• WHAT IS NEEDED: Your answer must be the lines of the entries below, exactly as written, from the first line through the line containing "or_swap : (a".

[[ DATA FOR THE TASK, beginning ]]

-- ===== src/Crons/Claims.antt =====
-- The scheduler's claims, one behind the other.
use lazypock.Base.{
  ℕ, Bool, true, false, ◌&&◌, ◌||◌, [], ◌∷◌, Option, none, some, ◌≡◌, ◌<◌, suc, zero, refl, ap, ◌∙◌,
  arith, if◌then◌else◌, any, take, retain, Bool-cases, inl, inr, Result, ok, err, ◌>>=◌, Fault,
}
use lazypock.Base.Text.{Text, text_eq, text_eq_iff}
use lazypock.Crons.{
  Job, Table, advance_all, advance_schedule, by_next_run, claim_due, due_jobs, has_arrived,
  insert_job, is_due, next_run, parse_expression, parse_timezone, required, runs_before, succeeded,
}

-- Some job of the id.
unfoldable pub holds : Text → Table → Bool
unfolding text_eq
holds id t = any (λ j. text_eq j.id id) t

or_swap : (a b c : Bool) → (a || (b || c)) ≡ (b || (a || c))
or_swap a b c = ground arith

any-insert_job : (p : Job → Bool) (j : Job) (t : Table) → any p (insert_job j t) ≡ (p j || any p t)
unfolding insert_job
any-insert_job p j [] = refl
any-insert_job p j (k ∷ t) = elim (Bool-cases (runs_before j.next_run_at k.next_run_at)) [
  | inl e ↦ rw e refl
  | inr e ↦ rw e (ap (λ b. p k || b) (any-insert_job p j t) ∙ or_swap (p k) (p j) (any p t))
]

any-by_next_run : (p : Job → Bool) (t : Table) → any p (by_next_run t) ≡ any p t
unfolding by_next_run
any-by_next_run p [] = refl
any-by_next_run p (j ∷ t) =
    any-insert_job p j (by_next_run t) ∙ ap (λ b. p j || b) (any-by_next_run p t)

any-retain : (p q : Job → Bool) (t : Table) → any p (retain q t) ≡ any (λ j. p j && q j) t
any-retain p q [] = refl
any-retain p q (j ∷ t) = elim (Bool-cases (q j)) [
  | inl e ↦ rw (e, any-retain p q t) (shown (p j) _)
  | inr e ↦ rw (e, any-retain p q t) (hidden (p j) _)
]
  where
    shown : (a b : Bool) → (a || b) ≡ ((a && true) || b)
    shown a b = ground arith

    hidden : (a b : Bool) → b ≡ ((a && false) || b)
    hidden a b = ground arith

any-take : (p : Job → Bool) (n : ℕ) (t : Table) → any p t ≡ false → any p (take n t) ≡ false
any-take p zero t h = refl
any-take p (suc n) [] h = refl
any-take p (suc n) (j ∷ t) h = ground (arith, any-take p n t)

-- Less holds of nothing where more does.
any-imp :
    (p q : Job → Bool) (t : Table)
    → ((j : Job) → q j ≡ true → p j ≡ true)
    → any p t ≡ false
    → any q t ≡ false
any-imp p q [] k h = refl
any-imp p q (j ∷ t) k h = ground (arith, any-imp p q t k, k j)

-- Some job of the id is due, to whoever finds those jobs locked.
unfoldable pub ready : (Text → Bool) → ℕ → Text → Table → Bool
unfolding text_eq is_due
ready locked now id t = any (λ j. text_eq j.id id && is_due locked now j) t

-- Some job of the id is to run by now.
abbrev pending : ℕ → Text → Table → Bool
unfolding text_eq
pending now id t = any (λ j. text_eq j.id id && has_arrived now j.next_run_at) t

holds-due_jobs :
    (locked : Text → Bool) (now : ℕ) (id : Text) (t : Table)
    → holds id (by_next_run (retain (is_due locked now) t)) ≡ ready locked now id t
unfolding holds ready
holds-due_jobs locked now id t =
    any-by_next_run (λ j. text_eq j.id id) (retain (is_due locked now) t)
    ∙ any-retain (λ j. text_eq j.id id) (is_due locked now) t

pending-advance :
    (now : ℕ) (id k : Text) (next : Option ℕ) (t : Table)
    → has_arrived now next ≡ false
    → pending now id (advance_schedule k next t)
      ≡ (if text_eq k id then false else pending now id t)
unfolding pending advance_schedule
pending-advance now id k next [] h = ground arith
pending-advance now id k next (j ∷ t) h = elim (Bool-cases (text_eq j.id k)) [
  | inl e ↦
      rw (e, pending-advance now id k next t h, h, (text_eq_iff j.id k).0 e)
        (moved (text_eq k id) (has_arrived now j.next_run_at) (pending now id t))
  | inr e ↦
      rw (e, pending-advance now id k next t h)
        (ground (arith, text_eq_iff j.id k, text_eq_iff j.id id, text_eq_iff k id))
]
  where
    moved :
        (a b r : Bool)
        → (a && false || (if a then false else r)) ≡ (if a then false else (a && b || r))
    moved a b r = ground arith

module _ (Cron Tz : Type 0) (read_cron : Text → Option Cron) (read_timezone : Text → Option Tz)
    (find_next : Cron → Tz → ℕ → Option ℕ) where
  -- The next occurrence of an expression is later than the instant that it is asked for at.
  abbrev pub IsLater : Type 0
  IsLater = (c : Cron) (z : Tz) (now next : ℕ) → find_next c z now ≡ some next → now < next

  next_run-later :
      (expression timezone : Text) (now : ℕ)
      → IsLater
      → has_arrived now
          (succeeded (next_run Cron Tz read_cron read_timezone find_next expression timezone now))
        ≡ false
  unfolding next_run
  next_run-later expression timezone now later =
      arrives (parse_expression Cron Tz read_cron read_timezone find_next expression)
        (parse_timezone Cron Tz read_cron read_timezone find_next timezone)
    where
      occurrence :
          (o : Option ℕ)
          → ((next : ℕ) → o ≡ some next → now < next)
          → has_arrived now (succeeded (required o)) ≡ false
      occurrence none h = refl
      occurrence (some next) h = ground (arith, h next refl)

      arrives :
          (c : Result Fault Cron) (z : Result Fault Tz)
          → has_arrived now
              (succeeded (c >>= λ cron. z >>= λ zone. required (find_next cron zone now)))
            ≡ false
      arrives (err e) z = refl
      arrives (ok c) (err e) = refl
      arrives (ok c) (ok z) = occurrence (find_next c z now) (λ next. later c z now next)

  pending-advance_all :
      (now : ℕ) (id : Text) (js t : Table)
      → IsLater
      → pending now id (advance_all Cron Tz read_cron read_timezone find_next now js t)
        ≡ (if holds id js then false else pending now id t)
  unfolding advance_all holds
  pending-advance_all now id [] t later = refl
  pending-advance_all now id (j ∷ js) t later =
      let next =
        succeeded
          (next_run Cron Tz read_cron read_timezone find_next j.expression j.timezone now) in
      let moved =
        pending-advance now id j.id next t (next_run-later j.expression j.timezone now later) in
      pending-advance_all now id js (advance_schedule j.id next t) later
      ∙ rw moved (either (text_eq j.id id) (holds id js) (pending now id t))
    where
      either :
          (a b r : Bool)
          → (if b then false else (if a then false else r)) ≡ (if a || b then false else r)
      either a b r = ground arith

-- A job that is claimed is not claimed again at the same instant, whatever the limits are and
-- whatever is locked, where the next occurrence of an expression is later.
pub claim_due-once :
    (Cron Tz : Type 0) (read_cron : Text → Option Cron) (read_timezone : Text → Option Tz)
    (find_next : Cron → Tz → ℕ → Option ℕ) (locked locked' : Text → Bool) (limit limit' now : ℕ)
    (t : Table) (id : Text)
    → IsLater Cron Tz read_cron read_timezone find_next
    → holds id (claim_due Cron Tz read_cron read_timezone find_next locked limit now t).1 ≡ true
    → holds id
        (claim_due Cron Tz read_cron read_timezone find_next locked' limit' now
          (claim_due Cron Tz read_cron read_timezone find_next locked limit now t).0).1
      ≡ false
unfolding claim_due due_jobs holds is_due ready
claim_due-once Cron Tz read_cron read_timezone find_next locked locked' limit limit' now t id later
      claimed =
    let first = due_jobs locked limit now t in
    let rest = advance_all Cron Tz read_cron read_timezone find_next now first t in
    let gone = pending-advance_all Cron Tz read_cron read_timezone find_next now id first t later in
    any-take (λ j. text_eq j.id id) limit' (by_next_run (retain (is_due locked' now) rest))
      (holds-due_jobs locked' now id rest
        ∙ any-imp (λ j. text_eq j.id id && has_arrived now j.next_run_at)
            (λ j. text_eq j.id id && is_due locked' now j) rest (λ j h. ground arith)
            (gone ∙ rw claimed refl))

[[ DATA FOR THE TASK, end ]]

• REPLY:
-- ===== src/Crons/Claims.antt =====
-- The scheduler's claims, one behind the other.
use lazypock.Base.{
  ℕ, Bool, true, false, ◌&&◌, ◌||◌, [], ◌∷◌, Option, none, some, ◌≡◌, ◌<◌, suc, zero, refl, ap, ◌∙◌,
  arith, if◌then◌else◌, any, take, retain, Bool-cases, inl, inr, Result, ok, err, ◌>>=◌, Fault,
}
use lazypock.Base.Text.{Text, text_eq, text_eq_iff}
use lazypock.Crons.{
  Job, Table, advance_all, advance_schedule, by_next_run, claim_due, due_jobs, has_arrived,
  insert_job, is_due, next_run, parse_expression, parse_timezone, required, runs_before, succeeded,
}

-- Some job of the id.
unfoldable pub holds : Text → Table → Bool
unfolding text_eq
holds id t = any (λ j. text_eq j.id id) t

or_swap : (a b c : Bool) → (a || (b || c)) ≡ (b || (a || c))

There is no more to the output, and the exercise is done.